• [What to do]:
Copy out every line of the data where the word "subst" is found.

(Beginning of Material for this task)

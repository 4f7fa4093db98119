-- ===== src/Codec/EliasDelta/Total.antt =====
-- light-server/src/codec/elias_delta.rs: the decoder on any bytes.
use bitcoin_data.Base.{
  Bool, Bool-cases, List, Option, Result, [], arith, bit_and, bit_or, bytes_keyed, ensure, err,
  false, get_or, inl, inr, leb, leb→le, length, length-append, lt→ltb, none, ok, ok_or, refl, some,
  subst, suc, true, zero, ℕ, ◌%◌, ◌&&◌, ◌*◌, ◌++◌, ◌+◌, ◌-◌, ◌/◌, ◌<◌, ◌==◌, ◌>>=◌, ◌^◌, ◌∷◌, ◌≡◌,
  ◌≢◌, ◌≤◌, ◌⊎◌,
}
use bitcoin_data.Codec.BitIo.{
  byte_at, read_bits_from, bit_value, capacity_overflow, invalid_length, truncated_value,
  truncated_length, BitReader, new_reader, read_bit, read_bits, Error, index_out_of_bounds,
  out_of_fuel,
}
use bitcoin_data.Codec.EliasDelta.{
  read_prefix, read_length, read_tail, decode_one, decode_values_from, decode_elias_delta_values,
  with_capacity,
}
use bitcoin_data.Codec.BitIo.Stream.{get_elem?-get_or}

-- An outcome that is a Rust value: neither a panic nor a loop cut short.
abbrev pub IsProper {ℓ} : {A : Type ℓ} → Result Error A → Type 0
IsProper (ok a) = Unit {0}
IsProper (err e) = (e ≢ index_out_of_bounds) × (e ≢ capacity_overflow) × (e ≢ out_of_fuel)

-- A read of one bit returns: the test before it keeps the index within the bytes.
read_bit-cases :
    (r : BitReader)
    → (read_bit r ≡ ok none) ⊎ ((got : Bool × BitReader) × (read_bit r ≡ ok (some got)))
unfolding read_bit byte_at
read_bit-cases r = elim (Bool-cases (leb (length r.bytes * 8) r.bit_pos)) [
  | inl past ↦ inl (rw past refl)
  | inr inside ↦
      let within : r.bit_pos / 8 < length r.bytes = ground arith in
      let here = get_elem?-get_or r.bytes (r.bit_pos / 8) within in
      inr (
        (
          bit_and (get_or r.bytes (r.bit_pos / 8) 0 / 2 ^ (7 - r.bit_pos % 8)) 1 == 1,
          record r { bit_pos = r.bit_pos + 1 },
        ),
        rw (inside, byte_at, here) refl,
      )
]

read_bits_from-IsProper : (r : BitReader) (n v : ℕ) → IsProper (read_bits_from r n v)
unfolding read_bits_from
read_bits_from-IsProper r zero v = tt
read_bits_from-IsProper r (suc n) v = elim (read_bit-cases r) [
  | inl e ↦ rw (e, read_bits_from) tt
  | inr (got, e) ↦
      rw (e, read_bits_from)
        (read_bits_from-IsProper got.1 n (bit_or (v * 2 % 2 ^ 64) (bit_value got.0)))
]

read_bits-IsProper : (r : BitReader) (n : ℕ) → IsProper (read_bits r n)
unfolding read_bits
read_bits-IsProper r n = read_bits_from-IsProper r n 0

read_prefix-IsProper :
    (fuel n : ℕ) (r : BitReader) → n ≤ 63 → 64 ≤ n + fuel → IsProper (read_prefix fuel n r)
unfolding read_prefix
read_prefix-IsProper zero n r b h = absurd (omega arith)
read_prefix-IsProper (suc fuel) n r b h = elim (read_bit-cases r) [
  | inl e ↦ rw (e, read_prefix) (cc, cc, cc)
  | inr ((true, r'), e) ↦ rw (e, read_prefix) tt
  | inr ((false, r'), e) ↦
      rw (e, read_prefix)
        (elim (Bool-cases (leb (n + 1) 63)) [
          | inl more ↦
              rw more (read_prefix-IsProper fuel (n + 1) r' (leb→le (n + 1) 63 more) (omega arith))
          | inr stop ↦ rw stop (cc, cc, cc)
        ])
]

>>=-IsProper {ℓ κ} :
    {A : Type ℓ} {B : Type κ} (m : Result Error A) (f : A → Result Error B)
    → IsProper m
    → ((a : A) → m ≡ ok a → IsProper (f a))
    → IsProper (m >>= f)
>>=-IsProper (ok a) f h k = k a refl
>>=-IsProper (err e) f h k = h

ok_or-IsProper {ℓ} :
    {A : Type ℓ} (o : Option A) (e : Error) → IsProper {A = A} (err e) → IsProper (ok_or o e)
ok_or-IsProper none e h = h
ok_or-IsProper (some a) e h = tt

read_length-IsProper : (j : ℕ) (r : BitReader) → IsProper (read_length j r)
unfolding read_length
read_length-IsProper zero r = tt
read_length-IsProper (suc j) r = rw (lt→ltb 0 (suc j) (omega arith)) (
    >>=-IsProper (read_bits r (suc j)) _ (read_bits-IsProper r (suc j)) λ got _.
      >>=-IsProper (ok_or got truncated_length) _ (ok_or-IsProper got _ (cc, cc, cc)) (λ _ _. tt))

read_tail-IsProper : (k : ℕ) (r : BitReader) → IsProper (read_tail k r)
unfolding read_tail
read_tail-IsProper k r = elim (Bool-cases (k == 0)) [
  | inl no_tail ↦ rw no_tail tt
  | inr more ↦ rw more (
      >>=-IsProper (read_bits r k) _ (read_bits-IsProper r k)
        (λ got _. ok_or-IsProper got truncated_value (cc, cc, cc)))
]

ensure-IsProper : (b : Bool) (e : Error) → IsProper {A = Unit {0}} (err e) → IsProper (ensure b e)
ensure-IsProper true e h = tt
ensure-IsProper false e h = h

decode_one-IsProper : (r : BitReader) → IsProper (decode_one r)
unfolding decode_one
decode_one-IsProper r =
    >>=-IsProper (read_prefix 64 0 r) _ (read_prefix-IsProper 64 0 r (omega arith) (omega arith))
      λ a _. >>=-IsProper (read_length a.0 a.1) _ (read_length-IsProper a.0 a.1) λ b _.
        >>=-IsProper (ensure (leb 1 b.0 && leb b.0 64) invalid_length) _
          (ensure-IsProper (leb 1 b.0 && leb b.0 64) invalid_length (cc, cc, cc))
          λ _ _.
            >>=-IsProper (read_tail (b.0 - 1) b.1) _ (read_tail-IsProper (b.0 - 1) b.1) (λ _ _. tt)

-- A list of so many values, or an error that is a Rust value.
abbrev pub IsDecoded : ℕ → Result Error (List ℕ) → Type 0
IsDecoded n (ok values) = length values ≡ n
IsDecoded n (err e) = IsProper {A = List ℕ} (err e)

>>=-IsDecoded {ℓ} :
    {A : Type ℓ} (n : ℕ) (m : Result Error A) (f : A → Result Error (List ℕ))
    → IsProper m
    → ((a : A) → IsDecoded n (f a))
    → IsDecoded n (m >>= f)
>>=-IsDecoded n (ok a) f h k = k a
>>=-IsDecoded n (err e) f h k = h

decode_values_from-IsDecoded :
    (count : ℕ) (r : BitReader) (out : List ℕ)
    → IsDecoded (length out + count) (decode_values_from count r out)
unfolding decode_values_from
decode_values_from-IsDecoded zero r out = omega arith
decode_values_from-IsDecoded (suc count) r out =
    >>=-IsDecoded (length out + suc count) (decode_one r) _ (decode_one-IsProper r) λ a.
      let size : length (out ++ a.0 ∷ []) + count ≡ length out + suc count =
        omega (arith, length-append out (a.0 ∷ [])) in
      subst (λ (n : ℕ). IsDecoded n (decode_values_from count a.1 (out ++ a.0 ∷ []))) size
        (decode_values_from-IsDecoded count a.1 (out ++ a.0 ∷ []))

-- On any bytes, and any count whose 8-byte elements fit a buffer, the decoder returns a list of
-- that many values or one of its own errors: no index is out of bounds, no buffer is too large, and
-- its prefix loop ends within the 64 rounds that it is given.
pub decode-IsDecoded :
    (bytes : List ℕ) (count : ℕ)
    → 8 * count < 2 ^ 63
    → IsDecoded count (decode_elias_delta_values bytes count)
unfolding decode_elias_delta_values with_capacity
decode-IsDecoded bytes count h =
    let size : 0 + count ≡ count = omega arith in
    rw (lt→ltb (8 * count) (2 ^ 63) h) (
      subst (λ (n : ℕ). IsDecoded n (decode_values_from count (new_reader bytes) [])) size
        (decode_values_from-IsDecoded count (new_reader bytes) []))
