-- ===== src/Codec/Leb128.antt =====
-- light-server/src/codec/leb128.rs: unsigned 64-bit integers in groups of seven bits, lowest group
-- first, the top bit set on every byte but the last. A byte slice is a list of numbers below 256,
-- and the reader's index is the list of the bytes that it has not reached.
pub mod Encode
pub mod Decode
pub mod RoundTrip
pub mod Bounds
pub mod Wraps
use bitcoin_data.Base.{
  List, Option, Result, [], bit_and, bit_or, bytes_keyed, err, if◌then◌else◌, ltb, none, ok, some,
  suc, zero, ℕ, ◌%◌, ◌*◌, ◌++◌, ◌+◌, ◌/◌, ◌<◌, ◌==◌, ◌>>=◌, ◌>>◌, ◌^◌, ◌∷◌,
}

-- The errors of the file, and the panic of a buffer that is too large.
pub data Error : Type 0 where
  truncated_stream value_too_large capacity_overflow : Error

abbrev pub IsByte : ℕ → Type 0
IsByte b = b < 256

-- The loop of `encode_one` on fuel; `none` means that the fuel ran out.
encode_loop : ℕ → ℕ → List ℕ → Option (List ℕ)
encode_loop zero value out = none
encode_loop (suc fuel) value out =
    let group = bit_and value 0x7f % 256 in
    let value' = value / 2 ^ 7 in
    let byte = if value' == 0 then group else bit_or group 0x80 in
    let rest = encode_loop fuel value' (out ++ byte ∷ []) in
    if value' == 0 then some (out ++ byte ∷ []) else rest

-- Ten groups of seven bits hold any 64-bit value.
unfoldable pub encode_one : ℕ → List ℕ → Option (List ℕ)
unfolding encode_loop
encode_one value out = encode_loop 10 value out

encode_values_from : List ℕ → List ℕ → Option (List ℕ)
encode_values_from [] out = some out
encode_values_from (v ∷ vs) out = elim (encode_one v out) [
  | none ↦ none
  | some out' ↦ encode_values_from vs out'
]

unfoldable pub encode_leb128_values : List ℕ → Option (List ℕ)
unfolding encode_values_from encode_one
encode_leb128_values values = encode_values_from values []

-- One round of the inner loop reads a byte, adds its group at `shift`, and goes on while the top
-- bit is set. The shift is by less than 64; what it pushes past bit 63 is lost.
unfoldable pub decode_value : List ℕ → ℕ → ℕ → Result Error (ℕ × List ℕ)
decode_value [] shift value = err truncated_stream
decode_value (byte ∷ rest) shift value =
    let value' = bit_or value (bit_and byte 0x7f * 2 ^ shift % 2 ^ 64) in
    let more = decode_value rest (shift + 7) value' in
    if bit_and byte 0x80 == 0
    then ok (value', rest)
    else if ltb (shift + 7) 64
    then more
    else err value_too_large

decode_values_from : ℕ → List ℕ → List ℕ → Result Error (List ℕ)
decode_values_from zero bytes out = ok out
decode_values_from (suc count) bytes out = do
  (value, rest) ← decode_value bytes 0 0
  decode_values_from count rest (out ++ value ∷ [])

-- `Vec::with_capacity(count)` for 8-byte elements: a buffer of more than `isize::MAX` bytes panics.
unfoldable pub with_capacity : ℕ → Result Error (List ℕ)
with_capacity count = if ltb (8 * count) (2 ^ 63) then ok [] else err capacity_overflow

unfoldable pub decode_leb128_values : List ℕ → ℕ → Result Error (List ℕ)
unfolding decode_values_from decode_value with_capacity
decode_leb128_values bytes count = do out ← with_capacity count; decode_values_from count bytes out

(End of Material for this task)

• [Exercise response]:
  subst, suc, true, zero, ℕ, ◌%◌, ◌&&◌, ◌*◌, ◌++◌, ◌+◌, ◌-◌, ◌/◌, ◌<◌, ◌==◌, ◌>>=◌, ◌^◌, ◌∷◌, ◌≡◌,
      subst (λ (n : ℕ). IsDecoded n (decode_values_from count a.1 (out ++ a.0 ∷ []))) size
      subst (λ (n : ℕ). IsDecoded n (decode_values_from count (new_reader bytes) [])) size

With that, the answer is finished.